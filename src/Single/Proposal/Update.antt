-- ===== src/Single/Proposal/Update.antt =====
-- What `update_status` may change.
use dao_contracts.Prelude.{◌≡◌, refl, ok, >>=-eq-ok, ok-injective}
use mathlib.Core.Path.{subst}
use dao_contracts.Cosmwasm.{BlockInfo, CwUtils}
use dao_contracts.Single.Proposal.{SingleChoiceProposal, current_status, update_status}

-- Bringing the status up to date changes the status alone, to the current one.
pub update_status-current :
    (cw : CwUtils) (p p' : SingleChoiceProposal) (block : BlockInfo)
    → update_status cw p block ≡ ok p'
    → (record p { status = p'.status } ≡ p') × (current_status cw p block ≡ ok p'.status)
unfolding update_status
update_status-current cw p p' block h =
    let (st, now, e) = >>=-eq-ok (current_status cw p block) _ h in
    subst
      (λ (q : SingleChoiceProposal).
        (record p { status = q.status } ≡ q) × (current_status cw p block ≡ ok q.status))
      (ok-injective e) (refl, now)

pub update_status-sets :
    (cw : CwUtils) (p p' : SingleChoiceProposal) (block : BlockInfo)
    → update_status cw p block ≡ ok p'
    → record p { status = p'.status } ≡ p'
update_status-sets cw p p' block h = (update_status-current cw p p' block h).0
-*-*-
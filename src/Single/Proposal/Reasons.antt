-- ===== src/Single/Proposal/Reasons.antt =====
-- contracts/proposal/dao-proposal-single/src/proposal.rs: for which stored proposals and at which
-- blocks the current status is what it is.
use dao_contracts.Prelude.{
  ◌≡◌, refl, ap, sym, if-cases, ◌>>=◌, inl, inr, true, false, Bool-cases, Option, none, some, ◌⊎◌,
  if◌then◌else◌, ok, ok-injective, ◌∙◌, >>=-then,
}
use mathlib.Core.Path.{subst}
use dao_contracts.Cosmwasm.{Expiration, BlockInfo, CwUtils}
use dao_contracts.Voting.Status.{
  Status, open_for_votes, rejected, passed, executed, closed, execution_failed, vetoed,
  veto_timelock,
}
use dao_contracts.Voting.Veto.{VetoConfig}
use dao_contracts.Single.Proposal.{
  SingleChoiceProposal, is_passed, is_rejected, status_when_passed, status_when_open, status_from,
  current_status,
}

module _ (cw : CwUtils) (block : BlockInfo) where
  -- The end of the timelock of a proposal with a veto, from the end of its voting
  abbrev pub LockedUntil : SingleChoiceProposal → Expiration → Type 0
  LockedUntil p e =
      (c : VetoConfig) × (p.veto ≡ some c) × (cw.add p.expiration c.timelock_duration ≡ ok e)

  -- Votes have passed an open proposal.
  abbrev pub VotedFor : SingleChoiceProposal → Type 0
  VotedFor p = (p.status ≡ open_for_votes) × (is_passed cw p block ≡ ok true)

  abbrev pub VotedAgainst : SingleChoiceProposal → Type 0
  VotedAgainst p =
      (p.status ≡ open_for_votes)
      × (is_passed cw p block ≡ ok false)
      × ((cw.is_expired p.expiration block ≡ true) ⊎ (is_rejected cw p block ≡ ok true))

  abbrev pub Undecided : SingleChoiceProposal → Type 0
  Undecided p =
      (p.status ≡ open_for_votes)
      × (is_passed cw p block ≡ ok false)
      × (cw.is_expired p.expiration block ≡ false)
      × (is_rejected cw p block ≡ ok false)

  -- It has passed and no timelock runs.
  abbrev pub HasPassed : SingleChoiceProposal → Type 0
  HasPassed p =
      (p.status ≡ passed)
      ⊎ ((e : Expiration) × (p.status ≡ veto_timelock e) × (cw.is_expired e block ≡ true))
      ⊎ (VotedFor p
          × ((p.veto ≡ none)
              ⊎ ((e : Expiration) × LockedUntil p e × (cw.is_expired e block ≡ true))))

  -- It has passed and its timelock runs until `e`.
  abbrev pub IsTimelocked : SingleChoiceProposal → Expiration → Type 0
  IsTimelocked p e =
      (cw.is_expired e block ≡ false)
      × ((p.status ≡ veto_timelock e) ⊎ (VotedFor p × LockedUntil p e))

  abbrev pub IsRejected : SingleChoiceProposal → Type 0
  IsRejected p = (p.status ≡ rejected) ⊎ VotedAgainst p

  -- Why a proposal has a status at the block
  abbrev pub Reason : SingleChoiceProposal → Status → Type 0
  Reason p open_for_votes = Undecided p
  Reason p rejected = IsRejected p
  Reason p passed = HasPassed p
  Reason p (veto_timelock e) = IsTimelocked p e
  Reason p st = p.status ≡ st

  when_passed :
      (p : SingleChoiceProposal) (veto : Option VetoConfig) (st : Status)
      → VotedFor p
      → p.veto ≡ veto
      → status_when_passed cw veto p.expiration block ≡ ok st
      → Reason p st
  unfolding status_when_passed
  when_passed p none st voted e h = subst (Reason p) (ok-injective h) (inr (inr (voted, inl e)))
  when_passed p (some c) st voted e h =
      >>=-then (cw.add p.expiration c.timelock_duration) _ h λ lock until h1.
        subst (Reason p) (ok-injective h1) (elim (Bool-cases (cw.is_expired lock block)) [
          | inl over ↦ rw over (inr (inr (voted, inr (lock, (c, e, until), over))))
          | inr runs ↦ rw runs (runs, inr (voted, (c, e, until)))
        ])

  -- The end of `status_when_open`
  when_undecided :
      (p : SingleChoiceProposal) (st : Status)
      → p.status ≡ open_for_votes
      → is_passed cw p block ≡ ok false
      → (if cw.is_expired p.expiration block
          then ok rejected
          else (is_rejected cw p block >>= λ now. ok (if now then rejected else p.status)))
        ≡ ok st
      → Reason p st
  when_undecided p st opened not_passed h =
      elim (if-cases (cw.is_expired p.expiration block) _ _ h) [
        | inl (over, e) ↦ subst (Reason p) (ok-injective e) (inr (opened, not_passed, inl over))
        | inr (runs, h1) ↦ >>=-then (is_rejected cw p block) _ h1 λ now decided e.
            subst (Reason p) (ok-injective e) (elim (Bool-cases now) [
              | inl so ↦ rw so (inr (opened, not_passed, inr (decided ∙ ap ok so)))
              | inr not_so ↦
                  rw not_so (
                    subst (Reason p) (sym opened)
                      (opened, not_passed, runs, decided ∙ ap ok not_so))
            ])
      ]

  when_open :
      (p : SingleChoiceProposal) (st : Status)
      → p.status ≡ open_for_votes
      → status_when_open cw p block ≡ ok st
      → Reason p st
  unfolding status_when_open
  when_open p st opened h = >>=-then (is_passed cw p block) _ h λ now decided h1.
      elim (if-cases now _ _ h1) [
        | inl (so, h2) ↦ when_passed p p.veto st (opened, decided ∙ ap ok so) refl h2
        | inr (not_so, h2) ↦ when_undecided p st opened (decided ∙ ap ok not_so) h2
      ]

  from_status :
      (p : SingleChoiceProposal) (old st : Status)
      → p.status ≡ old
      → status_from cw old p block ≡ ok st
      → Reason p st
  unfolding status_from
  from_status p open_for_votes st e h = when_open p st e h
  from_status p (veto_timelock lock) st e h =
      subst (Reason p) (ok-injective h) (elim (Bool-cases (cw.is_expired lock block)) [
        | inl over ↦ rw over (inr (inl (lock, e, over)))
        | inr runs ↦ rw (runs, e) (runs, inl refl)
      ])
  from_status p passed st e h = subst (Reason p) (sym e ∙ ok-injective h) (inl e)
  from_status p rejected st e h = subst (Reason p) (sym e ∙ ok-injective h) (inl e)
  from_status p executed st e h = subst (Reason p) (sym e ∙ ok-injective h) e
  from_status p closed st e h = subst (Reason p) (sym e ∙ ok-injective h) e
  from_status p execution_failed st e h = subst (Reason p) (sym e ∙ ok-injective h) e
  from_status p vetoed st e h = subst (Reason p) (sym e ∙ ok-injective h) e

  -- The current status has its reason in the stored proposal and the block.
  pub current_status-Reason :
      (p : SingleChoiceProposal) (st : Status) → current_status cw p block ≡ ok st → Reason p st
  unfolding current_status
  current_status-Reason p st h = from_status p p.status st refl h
-*-*-
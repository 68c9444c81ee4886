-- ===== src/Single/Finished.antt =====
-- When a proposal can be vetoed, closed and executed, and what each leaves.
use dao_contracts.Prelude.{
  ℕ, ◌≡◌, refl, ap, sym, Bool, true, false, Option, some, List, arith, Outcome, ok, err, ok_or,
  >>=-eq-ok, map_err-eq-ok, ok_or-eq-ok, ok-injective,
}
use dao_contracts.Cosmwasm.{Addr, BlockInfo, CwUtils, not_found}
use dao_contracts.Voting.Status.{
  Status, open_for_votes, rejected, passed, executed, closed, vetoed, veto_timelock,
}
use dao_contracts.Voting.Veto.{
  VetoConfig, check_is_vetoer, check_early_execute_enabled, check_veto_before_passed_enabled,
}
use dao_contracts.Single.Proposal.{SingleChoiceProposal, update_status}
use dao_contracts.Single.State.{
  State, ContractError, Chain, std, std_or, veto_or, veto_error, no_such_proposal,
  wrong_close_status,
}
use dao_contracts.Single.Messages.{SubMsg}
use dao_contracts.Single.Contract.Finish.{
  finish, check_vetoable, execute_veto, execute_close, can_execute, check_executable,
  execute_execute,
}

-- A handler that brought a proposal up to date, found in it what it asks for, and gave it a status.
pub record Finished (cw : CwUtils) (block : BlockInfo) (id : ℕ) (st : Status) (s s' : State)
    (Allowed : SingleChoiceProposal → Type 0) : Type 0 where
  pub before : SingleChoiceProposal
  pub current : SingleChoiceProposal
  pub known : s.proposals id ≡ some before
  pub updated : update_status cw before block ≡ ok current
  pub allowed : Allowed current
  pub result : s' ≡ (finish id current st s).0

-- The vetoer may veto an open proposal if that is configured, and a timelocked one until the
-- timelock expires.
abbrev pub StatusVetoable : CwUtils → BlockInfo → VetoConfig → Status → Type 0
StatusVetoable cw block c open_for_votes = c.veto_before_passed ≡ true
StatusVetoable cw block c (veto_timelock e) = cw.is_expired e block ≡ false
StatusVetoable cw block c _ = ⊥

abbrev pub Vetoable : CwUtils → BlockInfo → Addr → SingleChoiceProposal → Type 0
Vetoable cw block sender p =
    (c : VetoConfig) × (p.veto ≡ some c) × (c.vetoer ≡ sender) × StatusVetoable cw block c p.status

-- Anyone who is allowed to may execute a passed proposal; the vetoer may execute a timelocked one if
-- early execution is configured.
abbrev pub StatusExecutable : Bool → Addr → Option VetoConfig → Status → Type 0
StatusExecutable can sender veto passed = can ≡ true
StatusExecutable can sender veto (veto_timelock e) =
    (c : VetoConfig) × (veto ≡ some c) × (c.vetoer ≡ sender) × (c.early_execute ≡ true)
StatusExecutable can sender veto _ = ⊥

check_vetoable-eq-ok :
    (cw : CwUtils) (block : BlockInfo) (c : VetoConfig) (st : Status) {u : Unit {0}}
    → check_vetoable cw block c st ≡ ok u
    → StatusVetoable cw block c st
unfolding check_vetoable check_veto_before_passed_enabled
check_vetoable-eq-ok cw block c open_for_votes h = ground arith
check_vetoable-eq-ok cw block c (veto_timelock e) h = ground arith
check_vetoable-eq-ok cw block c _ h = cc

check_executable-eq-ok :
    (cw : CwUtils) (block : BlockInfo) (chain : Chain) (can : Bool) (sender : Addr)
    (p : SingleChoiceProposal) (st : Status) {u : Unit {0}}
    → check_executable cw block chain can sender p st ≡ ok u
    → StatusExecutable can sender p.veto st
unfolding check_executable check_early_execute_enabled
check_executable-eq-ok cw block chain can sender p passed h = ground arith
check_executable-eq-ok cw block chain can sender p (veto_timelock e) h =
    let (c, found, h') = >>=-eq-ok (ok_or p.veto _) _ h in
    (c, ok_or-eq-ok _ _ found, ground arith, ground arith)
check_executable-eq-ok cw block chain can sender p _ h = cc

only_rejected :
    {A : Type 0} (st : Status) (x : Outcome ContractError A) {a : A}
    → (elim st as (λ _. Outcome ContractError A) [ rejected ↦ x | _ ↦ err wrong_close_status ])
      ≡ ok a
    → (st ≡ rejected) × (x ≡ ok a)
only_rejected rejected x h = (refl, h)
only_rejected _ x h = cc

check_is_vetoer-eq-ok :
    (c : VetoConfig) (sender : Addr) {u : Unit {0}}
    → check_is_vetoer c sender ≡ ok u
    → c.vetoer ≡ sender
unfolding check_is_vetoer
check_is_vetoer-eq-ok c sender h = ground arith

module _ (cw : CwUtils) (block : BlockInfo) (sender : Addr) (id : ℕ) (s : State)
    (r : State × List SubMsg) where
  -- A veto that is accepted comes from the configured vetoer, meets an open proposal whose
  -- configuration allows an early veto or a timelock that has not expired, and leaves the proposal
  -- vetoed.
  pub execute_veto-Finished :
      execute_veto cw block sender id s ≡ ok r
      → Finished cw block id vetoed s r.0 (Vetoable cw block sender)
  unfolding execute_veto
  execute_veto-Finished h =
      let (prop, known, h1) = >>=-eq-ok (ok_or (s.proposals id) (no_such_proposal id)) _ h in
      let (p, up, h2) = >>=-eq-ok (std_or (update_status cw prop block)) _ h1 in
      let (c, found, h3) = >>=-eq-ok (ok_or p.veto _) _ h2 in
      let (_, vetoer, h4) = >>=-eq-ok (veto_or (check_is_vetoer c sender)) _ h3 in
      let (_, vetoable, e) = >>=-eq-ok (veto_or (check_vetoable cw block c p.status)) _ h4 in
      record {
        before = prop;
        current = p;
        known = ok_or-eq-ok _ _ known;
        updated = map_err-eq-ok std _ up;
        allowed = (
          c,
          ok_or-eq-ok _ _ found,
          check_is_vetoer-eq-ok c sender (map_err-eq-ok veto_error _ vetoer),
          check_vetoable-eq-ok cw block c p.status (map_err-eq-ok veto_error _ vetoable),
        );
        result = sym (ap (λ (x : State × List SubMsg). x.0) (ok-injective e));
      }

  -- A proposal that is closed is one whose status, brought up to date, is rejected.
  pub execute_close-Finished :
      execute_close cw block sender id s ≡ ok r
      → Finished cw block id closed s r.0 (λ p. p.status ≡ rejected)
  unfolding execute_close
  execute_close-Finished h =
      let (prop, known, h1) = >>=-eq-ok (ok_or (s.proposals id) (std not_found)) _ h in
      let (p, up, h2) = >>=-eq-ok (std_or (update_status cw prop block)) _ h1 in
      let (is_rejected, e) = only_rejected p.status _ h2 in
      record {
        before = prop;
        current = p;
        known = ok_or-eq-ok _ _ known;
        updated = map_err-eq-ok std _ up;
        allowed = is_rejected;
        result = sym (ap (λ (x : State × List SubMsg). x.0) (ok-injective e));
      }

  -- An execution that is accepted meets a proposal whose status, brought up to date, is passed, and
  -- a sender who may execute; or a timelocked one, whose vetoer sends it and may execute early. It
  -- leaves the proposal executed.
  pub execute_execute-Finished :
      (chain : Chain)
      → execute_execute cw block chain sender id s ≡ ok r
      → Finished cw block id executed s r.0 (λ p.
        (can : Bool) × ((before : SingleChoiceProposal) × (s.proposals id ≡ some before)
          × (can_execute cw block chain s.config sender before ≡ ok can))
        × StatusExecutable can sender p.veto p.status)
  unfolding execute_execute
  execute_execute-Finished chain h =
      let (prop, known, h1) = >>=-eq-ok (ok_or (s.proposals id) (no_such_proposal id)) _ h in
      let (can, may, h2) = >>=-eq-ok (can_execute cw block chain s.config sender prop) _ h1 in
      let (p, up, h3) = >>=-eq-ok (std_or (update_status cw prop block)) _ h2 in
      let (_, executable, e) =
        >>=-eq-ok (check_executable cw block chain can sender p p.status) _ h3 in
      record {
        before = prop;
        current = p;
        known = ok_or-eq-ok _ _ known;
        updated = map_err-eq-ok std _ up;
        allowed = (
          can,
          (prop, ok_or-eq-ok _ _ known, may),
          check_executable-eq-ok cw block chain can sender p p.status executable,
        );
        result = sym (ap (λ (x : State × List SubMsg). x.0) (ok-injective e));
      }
-*-*-
--- WORK REQUIRED ---
Reproduce, word for word and in full, only the lines above that start at the line with "rejected) × (x ≡ ok a)" and run through the line with "let (is_rejected, e)", both ends included.

--- PROBLEM SOLUTION ---
    → (st ≡ rejected) × (x ≡ ok a)
only_rejected rejected x h = (refl, h)
only_rejected _ x h = cc

check_is_vetoer-eq-ok :
    (c : VetoConfig) (sender : Addr) {u : Unit {0}}
    → check_is_vetoer c sender ≡ ok u
    → c.vetoer ≡ sender
unfolding check_is_vetoer
check_is_vetoer-eq-ok c sender h = ground arith

module _ (cw : CwUtils) (block : BlockInfo) (sender : Addr) (id : ℕ) (s : State)
    (r : State × List SubMsg) where
  -- A veto that is accepted comes from the configured vetoer, meets an open proposal whose
  -- configuration allows an early veto or a timelock that has not expired, and leaves the proposal
  -- vetoed.
  pub execute_veto-Finished :
      execute_veto cw block sender id s ≡ ok r
      → Finished cw block id vetoed s r.0 (Vetoable cw block sender)
  unfolding execute_veto
  execute_veto-Finished h =
      let (prop, known, h1) = >>=-eq-ok (ok_or (s.proposals id) (no_such_proposal id)) _ h in
      let (p, up, h2) = >>=-eq-ok (std_or (update_status cw prop block)) _ h1 in
      let (c, found, h3) = >>=-eq-ok (ok_or p.veto _) _ h2 in
      let (_, vetoer, h4) = >>=-eq-ok (veto_or (check_is_vetoer c sender)) _ h3 in
      let (_, vetoable, e) = >>=-eq-ok (veto_or (check_vetoable cw block c p.status)) _ h4 in
      record {
        before = prop;
        current = p;
        known = ok_or-eq-ok _ _ known;
        updated = map_err-eq-ok std _ up;
        allowed = (
          c,
          ok_or-eq-ok _ _ found,
          check_is_vetoer-eq-ok c sender (map_err-eq-ok veto_error _ vetoer),
          check_vetoable-eq-ok cw block c p.status (map_err-eq-ok veto_error _ vetoable),
        );
        result = sym (ap (λ (x : State × List SubMsg). x.0) (ok-injective e));
      }

  -- A proposal that is closed is one whose status, brought up to date, is rejected.
  pub execute_close-Finished :
      execute_close cw block sender id s ≡ ok r
      → Finished cw block id closed s r.0 (λ p. p.status ≡ rejected)
  unfolding execute_close
  execute_close-Finished h =
      let (prop, known, h1) = >>=-eq-ok (ok_or (s.proposals id) (std not_found)) _ h in
      let (p, up, h2) = >>=-eq-ok (std_or (update_status cw prop block)) _ h1 in
      let (is_rejected, e) = only_rejected p.status _ h2 in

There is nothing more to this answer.